When you reach the line containing "check_signature_from = λ a b. true;" in the entries below, start writing out each line exactly, and stop after the line containing "check_fail_closed_example = check_fail_closed".

++++++++++++++++++++

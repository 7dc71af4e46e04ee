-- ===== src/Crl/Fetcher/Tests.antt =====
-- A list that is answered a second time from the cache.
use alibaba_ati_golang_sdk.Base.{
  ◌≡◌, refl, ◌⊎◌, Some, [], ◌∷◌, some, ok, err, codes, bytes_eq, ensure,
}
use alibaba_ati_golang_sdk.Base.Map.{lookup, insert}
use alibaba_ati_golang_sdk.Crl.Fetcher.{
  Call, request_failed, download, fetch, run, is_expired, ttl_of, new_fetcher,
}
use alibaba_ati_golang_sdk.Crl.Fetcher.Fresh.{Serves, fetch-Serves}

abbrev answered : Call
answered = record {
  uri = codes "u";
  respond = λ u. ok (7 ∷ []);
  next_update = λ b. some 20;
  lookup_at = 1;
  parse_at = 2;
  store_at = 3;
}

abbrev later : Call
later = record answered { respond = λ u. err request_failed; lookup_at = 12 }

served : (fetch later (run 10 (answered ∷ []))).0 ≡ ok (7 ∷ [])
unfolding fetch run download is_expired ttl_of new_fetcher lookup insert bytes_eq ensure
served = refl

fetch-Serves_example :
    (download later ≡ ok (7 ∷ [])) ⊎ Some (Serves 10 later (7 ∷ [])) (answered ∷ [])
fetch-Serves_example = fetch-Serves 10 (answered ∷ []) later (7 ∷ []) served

++++++++++++++++++++

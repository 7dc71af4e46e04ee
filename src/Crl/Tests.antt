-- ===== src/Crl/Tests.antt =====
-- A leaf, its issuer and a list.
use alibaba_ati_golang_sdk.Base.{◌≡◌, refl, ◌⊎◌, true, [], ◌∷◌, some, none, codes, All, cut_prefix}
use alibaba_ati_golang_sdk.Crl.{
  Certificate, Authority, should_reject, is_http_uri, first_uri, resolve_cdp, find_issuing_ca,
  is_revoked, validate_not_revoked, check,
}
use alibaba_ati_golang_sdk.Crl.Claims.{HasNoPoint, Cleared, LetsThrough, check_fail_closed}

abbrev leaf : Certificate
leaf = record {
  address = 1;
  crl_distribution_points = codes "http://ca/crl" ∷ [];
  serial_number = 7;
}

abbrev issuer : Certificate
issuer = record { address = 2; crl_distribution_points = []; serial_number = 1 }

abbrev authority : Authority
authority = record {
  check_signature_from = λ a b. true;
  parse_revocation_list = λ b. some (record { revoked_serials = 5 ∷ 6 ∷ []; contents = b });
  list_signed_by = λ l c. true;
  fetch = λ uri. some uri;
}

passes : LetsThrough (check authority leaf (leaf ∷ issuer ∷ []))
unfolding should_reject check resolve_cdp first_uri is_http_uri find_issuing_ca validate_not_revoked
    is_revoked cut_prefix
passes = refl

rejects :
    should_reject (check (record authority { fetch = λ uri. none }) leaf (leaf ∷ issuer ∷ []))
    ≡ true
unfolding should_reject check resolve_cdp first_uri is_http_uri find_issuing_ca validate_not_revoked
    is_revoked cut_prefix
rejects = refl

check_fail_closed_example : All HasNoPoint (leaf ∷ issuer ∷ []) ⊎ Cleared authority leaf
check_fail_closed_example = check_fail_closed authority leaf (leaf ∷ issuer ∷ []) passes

++++++++++++++++++++

Completed exercise:
  check_signature_from = λ a b. true;
  parse_revocation_list = λ b. some (record { revoked_serials = 5 ∷ 6 ∷ []; contents = b });
  list_signed_by = λ l c. true;
  fetch = λ uri. some uri;
}

passes : LetsThrough (check authority leaf (leaf ∷ issuer ∷ []))
unfolding should_reject check resolve_cdp first_uri is_http_uri find_issuing_ca validate_not_revoked
    is_revoked cut_prefix
passes = refl

rejects :
    should_reject (check (record authority { fetch = λ uri. none }) leaf (leaf ∷ issuer ∷ []))
    ≡ true
unfolding should_reject check resolve_cdp first_uri is_http_uri find_issuing_ca validate_not_revoked
    is_revoked cut_prefix
rejects = refl

check_fail_closed_example : All HasNoPoint (leaf ∷ issuer ∷ []) ⊎ Cleared authority leaf
check_fail_closed_example = check_fail_closed authority leaf (leaf ∷ issuer ∷ []) passes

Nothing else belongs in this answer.